November 10 -- Chinese exporters of photovoltaic (PV) equipment, which had already reported dismal third-quarter earnings, may have to brace for tougher times ahead as several European countries had decided to reduce subsidies for the PV industry, reports 21cbh.com.
Li Yichun, vice president of the China Industry-University-Research Institute Collaboration Association New Material Commission, predicts that half of the PV equipment makers will have to cease operations in 2012 should the E.U. go ahead with the move to lower PV subsidies.
Europe is a major consumer of PV products, with Germany and Italy accounting for more than 50 percent of the market.
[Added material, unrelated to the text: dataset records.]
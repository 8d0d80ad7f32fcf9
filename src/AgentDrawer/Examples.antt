-- ===== src/AgentDrawer/Examples.antt =====
-- One channel's drawer on concrete input, and the theorems applied to it.
use tea_desktop.Base.{
  ℕ, ◌≤◌, ◌≡◌, refl, true, false, List, [], ◌∷◌, ◌++◌, none, some, arith, if◌then◌else◌, length,
  any,
}
use Prim.Native.String.{String}
use tea_desktop.Base.Map
use tea_desktop.Base.Text.{Text, codes, text_eq}
use tea_desktop.AgentDrawer.Store.{
  AgentDrawerStore, AgentDrawerChannelState, ChannelBinding, ChannelSourceInput, source_active,
  Action, prepares, begins, completes, creating, index, recent, staged, same_source, keep_last,
  max_sources, new_store, cancels,
}
use tea_desktop.AgentDrawer.Store as Store
use tea_desktop.AgentDrawer.Phases.{AreKept, run-AreKept}
use tea_desktop.AgentDrawer.Bindings.{step-elsewhere}
use tea_desktop.AgentDrawer.Cancelled.{cancelled_key_refused}
use tea_desktop.AgentDrawer.Creation.{Holds, begin_creation-complete_creation, staged-staged}

abbrev serialize : Text → Text → Text → Text
serialize a b c = a ++ (44 ∷ b) ++ (44 ∷ c)

abbrev uuid : ℕ → Text
uuid n = n ∷ []

abbrev channel : String → ChannelBinding
channel name = record {
  transport_id = codes "t";
  account_ref = codes "me";
  channel_ref = codes name;
}

abbrev actions : List Action
actions =
    prepares (channel "x") (some (codes "agent"))
    ∷ begins (channel "x")
    ∷ completes (channel "x") (uuid 0) (codes "chat")
    ∷ []

run-AreKept_example : AreKept serialize uuid (Store.run serialize uuid new_store actions)
run-AreKept_example = run-AreKept serialize uuid new_store actions tt

abbrev waiting : AgentDrawerStore
waiting = Store.prepare serialize uuid new_store (channel "x") (some (codes "agent"))

abbrev begun : AgentDrawerStore
begun = (Store.begin_creation serialize uuid waiting (channel "x")).0

step-elsewhere_example :
    Map.get (codes "t,me,x") (Store.step serialize uuid waiting (begins (channel "y"))).states
    ≡ Map.get (codes "t,me,x") waiting.states
unfolding text_eq
step-elsewhere_example =
    step-elsewhere serialize uuid (codes "t,me,x") waiting (begins (channel "y")) refl

begins_first : Store.begin_creation serialize uuid waiting (channel "x") ≡ (begun, some (uuid 0))
unfolding Store.prepare Store.begin_creation Store.assign Store.ensure_state Map.get Map.set text_eq
begins_first = refl

begin_creation-complete_creation_example :
    (state : AgentDrawerChannelState) × (state.phase ≡ creating)
    × ((Store.complete_creation serialize uuid begun (channel "x") (uuid 1) (codes "chat")).1
        ≡ text_eq (uuid 0) (uuid 1))
    × Holds serialize uuid
        (Store.complete_creation serialize uuid begun (channel "x") (uuid 1) (codes "chat")).0
        (channel "x")
        (if text_eq (uuid 0) (uuid 1) then Store.selected (codes "chat") state else state)
begin_creation-complete_creation_example =
    begin_creation-complete_creation serialize uuid waiting begun (channel "x") (uuid 0) (uuid 1)
      (codes "chat") begins_first

uuid_distinct : (n m : ℕ) → uuid n ≡ uuid m → n ≡ m
uuid_distinct n m e = ground arith

abbrev starting : List Action
starting = prepares (channel "x") (some (codes "agent")) ∷ []

abbrev starting_again : List Action
starting_again = prepares (channel "x") (some (codes "agent")) ∷ begins (channel "x") ∷ []

begins_from_new :
    Store.begin_creation serialize uuid (Store.run serialize uuid new_store starting) (channel "x")
    ≡ (begun, some (uuid 0))
unfolding Store.run Store.step Store.prepare Store.begin_creation Store.assign Store.ensure_state
    Map.get Map.set text_eq
begins_from_new = refl

-- The draft is cancelled, a second creation begins, and the first one's answer comes late.
abbrev begun_again : AgentDrawerStore
begun_again =
    Store.run serialize uuid
      (Store.cancel_draft serialize uuid (Store.run serialize uuid begun []) (channel "x"))
      starting_again

cancelled_key_refused_example :
    Store.complete_creation serialize uuid begun_again (channel "x") (uuid 0) (codes "chat")
    ≡ ((Store.ensure_state serialize uuid begun_again (channel "x")).0, false)
cancelled_key_refused_example =
    cancelled_key_refused serialize uuid uuid_distinct starting [] starting_again (channel "x")
      begun (uuid 0) (codes "chat") begins_from_new

abbrev source : ChannelSourceInput
source = record {
  message_ref = record {
    channel_ref = codes "x";
    message_client_id = codes "m";
    message_server_id = none;
  };
  sender_name = codes "Ann";
  sent_at = 1;
  sent_by_current_user = false;
  text = codes "Hi";
  captured_at = 2;
  state = source_active;
}

staged-staged_example :
    (staged source (staged source []) ≡ staged source [])
    × (length (staged source []) ≤ max_sources)
    × (any (λ value. same_source value source) (staged source []) ≡ true)
staged-staged_example = staged-staged source [] (omega arith)
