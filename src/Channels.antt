-- ===== src/Channels.antt =====
-- The channels and messages that the renderer holds: src/features/channels/projection.ts.
pub mod Projection
pub mod Bounds
pub mod Removal
pub mod Examples
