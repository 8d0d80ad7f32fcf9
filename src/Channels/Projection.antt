-- ===== src/Channels/Projection.antt =====
-- src/features/channels/projection.ts: how pages and events change the channels and messages held.
-- Debug output is left out.
use tea_desktop.Base.{
  ℕ, ◌-◌, Bool, true, false, not, ◌&&◌, ◌||◌, List, [], ◌∷◌, ◌++◌, Option, none, some,
  if◌then◌else◌, length, ltb, leb, ◌==◌, any, drop, filter, get_or, map,
}
use tea_desktop.Base.Map
use tea_desktop.Base.Text.{Text, text_eq, is_empty}
use tea_desktop.Conversation.Values.{Json}
use tea_desktop.AgentDrawer.Store.{MessageRef}

-- A channel's other fields are only stored.
pub record Channel : Type 0 where
  pub ref : Text
  pub details : Json

pub data MessageContent : Type 0 where
  redacted : MessageContent
  visible : Json → MessageContent

pub data MessageState : Type 0 where
  state_active state_modified state_revoked state_deleted : MessageState

-- The fields that the projection reads or writes; `details` are the others.
pub record Message : Type 0 where
  pub ref : MessageRef
  pub sent_at : ℕ
  pub text : Text
  pub content : MessageContent
  pub state : MessageState
  pub pinned : Bool
  pub reactions : Json
  pub receipt : Json
  pub details : Json

pub data ChannelEventKind : Type 0 where
  channel_upserted : List Channel → ChannelEventKind
  channel_deleted : List Text → ChannelEventKind
  total_unread_changed : ℕ → ChannelEventKind
  message_received message_upserted : List Message → ChannelEventKind
  message_deleted message_revoked : List MessageRef → ChannelEventKind
  history_cleared : Text → Option ℕ → ChannelEventKind
  pin_changed : MessageRef → Bool → ChannelEventKind
  reactions_changed receipt_changed : MessageRef → Json → ChannelEventKind
  -- an event of another type
  other_event : ChannelEventKind

pub record ChannelEvent : Type 0 where
  pub sequence : ℕ
  pub event : ChannelEventKind

pub record ChannelProjection : Type 0 where
  pub channels : List (Text × Channel)
  pub messages_by_channel : List (Text × List Message)
  pub last_event_sequence : ℕ
  pub total_unread_count : ℕ

abbrev pub create_channel_projection : ChannelProjection
create_channel_projection = record {
  channels = [];
  messages_by_channel = [];
  last_event_sequence = 0;
  total_unread_count = 0;
}

-- Two server ids that are neither missing nor empty, and equal.
abbrev pub same_server_id : Option Text → Option Text → Bool
same_server_id none right = false
same_server_id (some l) none = false
same_server_id (some l) (some r) = not (is_empty l) && not (is_empty r) && text_eq l r

unfoldable pub same_message : MessageRef → MessageRef → Bool
same_message left right =
    text_eq left.channel_ref right.channel_ref
    && (text_eq left.message_client_id right.message_client_id
        || same_server_id left.message_server_id right.message_server_id)

-- The message takes the place of the first one that it is the same as, or stands last.
unfoldable pub put_message : Message → List Message → List Message
put_message message [] = message ∷ []
put_message message (candidate ∷ rest) =
    let later = put_message message rest in
    if same_message candidate.ref message.ref then message ∷ rest else candidate ∷ later

unfoldable pub put_all : List Message → List Message → List Message
put_all merged [] = merged
put_all merged (message ∷ rest) = put_all (put_message message merged) rest

abbrev pub set_all : List Channel → List (Text × Channel) → List (Text × Channel)
set_all [] held = held
set_all (channel ∷ rest) held = set_all rest (Map.set channel.ref channel held)

abbrev pub delete_all {ℓ} : {V : Type ℓ} → List Text → List (Text × V) → List (Text × V)
delete_all [] held = held
delete_all (ref ∷ rest) held = delete_all rest (Map.delete ref held)

unfoldable pub group_from : List (Text × List Message) → List Message → List (Text × List Message)
group_from grouped [] = grouped
group_from grouped (m ∷ rest) =
    let key = m.ref.channel_ref in
    group_from (Map.set key (get_or (Map.get key grouped) [] ++ (m ∷ [])) grouped) rest

abbrev pub group_by_channel : List Message → List (Text × List Message)
group_by_channel messages = group_from [] messages

abbrev pub matches_any : List MessageRef → Message → Bool
matches_any refs message = any (λ ref. same_message message.ref ref) refs

abbrev pub change_each :
    (List Message → List Message) → List (Text × List Message) → List (Text × List Message)
change_each change [] = []
change_each change ((ref, messages) ∷ rest) = (ref, change messages) ∷ change_each change rest

abbrev pub keep_unmatched : List MessageRef → List Message → List Message
keep_unmatched refs messages = filter (λ m. not (matches_any refs m)) messages

abbrev pub update_matched : List MessageRef → (Message → Message) → List Message → List Message
update_matched refs update messages = map (λ m. if matches_any refs m then update m else m) messages

unfoldable pub remove_messages : ChannelProjection → List MessageRef → ChannelProjection
remove_messages p refs = record p {
  messages_by_channel = change_each (keep_unmatched refs) p.messages_by_channel;
}

unfoldable pub update_messages :
    ChannelProjection → List MessageRef → (Message → Message) → ChannelProjection
update_messages p refs update = record p {
  messages_by_channel = change_each (update_matched refs update) p.messages_by_channel;
}

abbrev pub revoke : Message → Message
revoke message = record message { state = state_revoked; text = []; content = redacted }

unfoldable pub replace_channels : ChannelProjection → List Channel → ChannelProjection
replace_channels p channels =
    let held = set_all channels [] in
    record p {
      channels = held;
      messages_by_channel = filter (λ e. Map.has e.0 held) p.messages_by_channel;
    }

-- `after l r` stands for `l.localeCompare(r) > 0`.
module _ (after : Text → Text → Bool) (limit : ℕ) where
  abbrev pub sorts_after : Message → Message → Bool
  sorts_after l r =
      ltb r.sent_at l.sent_at
      || (l.sent_at == r.sent_at && after l.ref.message_client_id r.ref.message_client_id)

  -- A stable sort: a message goes before the first one that sorts after it.
  unfoldable pub insert : Message → List Message → List Message
  insert m [] = m ∷ []
  insert m (n ∷ rest) =
      let later = insert m rest in if sorts_after n m then m ∷ n ∷ rest else n ∷ later

  unfoldable pub sort_into : List Message → List Message → List Message
  sort_into sorted [] = sorted
  sort_into sorted (m ∷ rest) = sort_into (insert m sorted) rest

  unfoldable pub merge_messages : List Message → List Message → List Message
  merge_messages current incoming =
      let merged = sort_into [] (put_all [] (current ++ incoming)) in
      drop (length merged - limit) merged

  abbrev pub merge_into :
      Text → List Message → List (Text × List Message) → List (Text × List Message)
  merge_into ref messages held =
      Map.set ref (merge_messages (get_or (Map.get ref held) []) messages) held

  unfoldable pub merge_groups :
      List (Text × List Message) → List (Text × List Message) → List (Text × List Message)
  merge_groups held [] = held
  merge_groups held ((_, []) ∷ rest) = merge_groups held rest
  merge_groups held ((_, m ∷ messages) ∷ rest) =
      merge_groups (merge_into m.ref.channel_ref (m ∷ messages) held) rest

  abbrev pub merge_message_page : ChannelProjection → Text → List Message → ChannelProjection
  merge_message_page p ref items = record p {
    messages_by_channel = merge_into ref items p.messages_by_channel;
  }

  abbrev pub after_clearing : Option ℕ → List Message → List Message
  after_clearing none messages = []
  after_clearing (some before) messages = filter (λ m. ltb before m.sent_at) messages

  unfoldable pub apply_event : ChannelProjection → ChannelEventKind → ChannelProjection
  apply_event p (channel_upserted channels) = record p { channels = set_all channels p.channels }
  apply_event p (channel_deleted refs) = record p {
    channels = delete_all refs p.channels;
    messages_by_channel = delete_all refs p.messages_by_channel;
  }
  apply_event p (total_unread_changed total) = record p { total_unread_count = total }
  apply_event p (message_received messages) = record p {
    messages_by_channel = merge_groups p.messages_by_channel (group_by_channel messages);
  }
  apply_event p (message_upserted messages) = record p {
    messages_by_channel = merge_groups p.messages_by_channel (group_by_channel messages);
  }
  apply_event p (message_deleted refs) = remove_messages p refs
  apply_event p (message_revoked refs) = update_messages p refs revoke
  apply_event p (history_cleared ref before) = record p {
    messages_by_channel =
        Map.set ref (after_clearing before (get_or (Map.get ref p.messages_by_channel) []))
          p.messages_by_channel;
  }
  apply_event p (pin_changed ref pinned) =
      update_messages p (ref ∷ []) (λ m. record m { pinned = pinned })
  apply_event p (reactions_changed ref reactions) =
      update_messages p (ref ∷ []) (λ m. record m { reactions = reactions })
  apply_event p (receipt_changed ref receipt) =
      update_messages p (ref ∷ []) (λ m. record m { receipt = receipt })
  apply_event p other_event = p

  unfoldable pub reduce_channel_event : ChannelProjection → ChannelEvent → ChannelProjection × Bool
  reduce_channel_event p incoming =
      let next = record p { last_event_sequence = incoming.sequence } in
      if leb incoming.sequence p.last_event_sequence
      then (p, false)
      else (apply_event next incoming.event, true)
Germany, the largest importer of Chinese PV products, announced that it would lower subsidies by 15 percent in 2012. Following the lead of Germany, Italy, the second-largest PV market globally, had announced plans to reduce subsidies next year.
According to Valerio Natalizia, chairman of the Italian Photovoltaic Industry Association, the country is expected to have PV installed capacity of 12.5 gigawatts by the end of 2011. Natalizia predicted industry growth in 2012 to significantly slow, with newly installed capacity of 2.5-3 gigawatts.
The heated debates taking place regarding the reduction of subsidies had undermined the confidence of PV producers, according to the report.
In addition, the U.K.'s Department of Energy and Climate Change said the U.K. will reduce its rebate from 43 pence per kilowatt hour to 20 pence per kilowatt hour for small systems.
According to China Securities, Germany is experiencing a rapid increase in PV insalled capacity since the beginning of October, since the subsidy cuts will take effect in 2012. Such a rapid increase will mainly benefit China’s second-tier PV equipment makers, added China Securities.
Since the second quarter, global PV prices had fallen, with a significant plunge in the prices of crystalline silicon photovoltaic batteries and components.
The average selling price of polysilicon batteries had fallen to $35 per unit in early November, compared to $100 per unit at the beginning of 2011. It was reported that the breakeven cost of some of the small and mid-sized domestic makers was $60 per unit.
Shenzhen Topraysolar (002218.SZ) reported loss of 0.0838 yuan per share in the third quarter, while sales and net profit fell 11 percent and 160 percent year-on-year, respectively.
PV makers with capacity of less than 100 megawatts will enter into bankruptcy proceedings, while those with capacity of more than one gigawatt will survive, added Li.